MATERIAL SUPPLIED section start

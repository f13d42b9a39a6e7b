-- ===== src/Utils/Transcoder/Words.antt =====
-- What the readers of transcoder.hpp compute, in plain arithmetic.
use ytorrent.Base.{ℕ, ◌+◌, ◌*◌, ◌≡◌, List, ◌∷◌, done, arith}
use ytorrent.Base.Bits.{bit_or_shifted, shifted_bit_or}
use ytorrent.Utils.Transcoder.{IsByte, read_as_le16, read_as_le32, read_as_be16, read_as_be32}

pub read_as_be16_lem :
    (a b : ℕ) (rest : List ℕ)
    → IsByte a
    → IsByte b
    → read_as_be16 (a ∷ b ∷ rest) ≡ done (a * 256 + b)
unfolding read_as_be16
read_as_be16_lem a b rest ha hb = ground (arith, shifted_bit_or 8 a b hb)

pub read_as_le16_lem :
    (a b : ℕ) (rest : List ℕ)
    → IsByte a
    → IsByte b
    → read_as_le16 (a ∷ b ∷ rest) ≡ done (b * 256 + a)
unfolding read_as_le16
read_as_le16_lem a b rest ha hb = ground (arith, bit_or_shifted 8 b a ha)

module _ (a b c d : ℕ) (rest : List ℕ) (ha : IsByte a) (hb : IsByte b) (hc : IsByte c)
    (hd : IsByte d) where
  pub read_as_be32_lem :
      read_as_be32 (a ∷ b ∷ c ∷ d ∷ rest) ≡ done ((a * 256 + b) * 65536 + (c * 256 + d))
  unfolding read_as_be32
  read_as_be32_lem =
      rw (read_as_be16_lem c d rest hc hd, read_as_be16_lem a b (c ∷ d ∷ rest) ha hb)
        (ground (arith, shifted_bit_or 16 (a * 256 + b) (c * 256 + d) (omega arith)))

  pub read_as_le32_lem :
      read_as_le32 (a ∷ b ∷ c ∷ d ∷ rest) ≡ done ((d * 256 + c) * 65536 + (b * 256 + a))
  unfolding read_as_le32
  read_as_le32_lem =
      rw (read_as_le16_lem c d rest hc hd, read_as_le16_lem a b (c ∷ d ∷ rest) ha hb)
        (ground (arith, bit_or_shifted 16 (d * 256 + c) (b * 256 + a) (omega arith)))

MATERIAL SUPPLIED section end

> **PROBLEM TO WORK ON**:
Print the whole listing above exactly, please.

> **RESULT BELOW**:
repository f13d42b9a39a6e7b
-- ===== src/Utils/Transcoder/Words.antt =====
-- What the readers of transcoder.hpp compute, in plain arithmetic.
use ytorrent.Base.{ℕ, ◌+◌, ◌*◌, ◌≡◌, List, ◌∷◌, done, arith}
use ytorrent.Base.Bits.{bit_or_shifted, shifted_bit_or}
use ytorrent.Utils.Transcoder.{IsByte, read_as_le16, read_as_le32, read_as_be16, read_as_be32}

pub read_as_be16_lem :
    (a b : ℕ) (rest : List ℕ)
    → IsByte a
    → IsByte b
    → read_as_be16 (a ∷ b ∷ rest) ≡ done (a * 256 + b)
unfolding read_as_be16
read_as_be16_lem a b rest ha hb = ground (arith, shifted_bit_or 8 a b hb)

pub read_as_le16_lem :
    (a b : ℕ) (rest : List ℕ)
    → IsByte a
    → IsByte b
    → read_as_le16 (a ∷ b ∷ rest) ≡ done (b * 256 + a)
unfolding read_as_le16
read_as_le16_lem a b rest ha hb = ground (arith, bit_or_shifted 8 b a ha)

module _ (a b c d : ℕ) (rest : List ℕ) (ha : IsByte a) (hb : IsByte b) (hc : IsByte c)
    (hd : IsByte d) where
  pub read_as_be32_lem :
      read_as_be32 (a ∷ b ∷ c ∷ d ∷ rest) ≡ done ((a * 256 + b) * 65536 + (c * 256 + d))
  unfolding read_as_be32
  read_as_be32_lem =
      rw (read_as_be16_lem c d rest hc hd, read_as_be16_lem a b (c ∷ d ∷ rest) ha hb)
        (ground (arith, shifted_bit_or 16 (a * 256 + b) (c * 256 + d) (omega arith)))

  pub read_as_le32_lem :
      read_as_le32 (a ∷ b ∷ c ∷ d ∷ rest) ≡ done ((d * 256 + c) * 65536 + (b * 256 + a))
  unfolding read_as_le32
  read_as_le32_lem =
      rw (read_as_le16_lem c d rest hc hd, read_as_le16_lem a b (c ∷ d ∷ rest) ha hb)
        (ground (arith, bit_or_shifted 16 (d * 256 + c) (b * 256 + a) (omega arith)))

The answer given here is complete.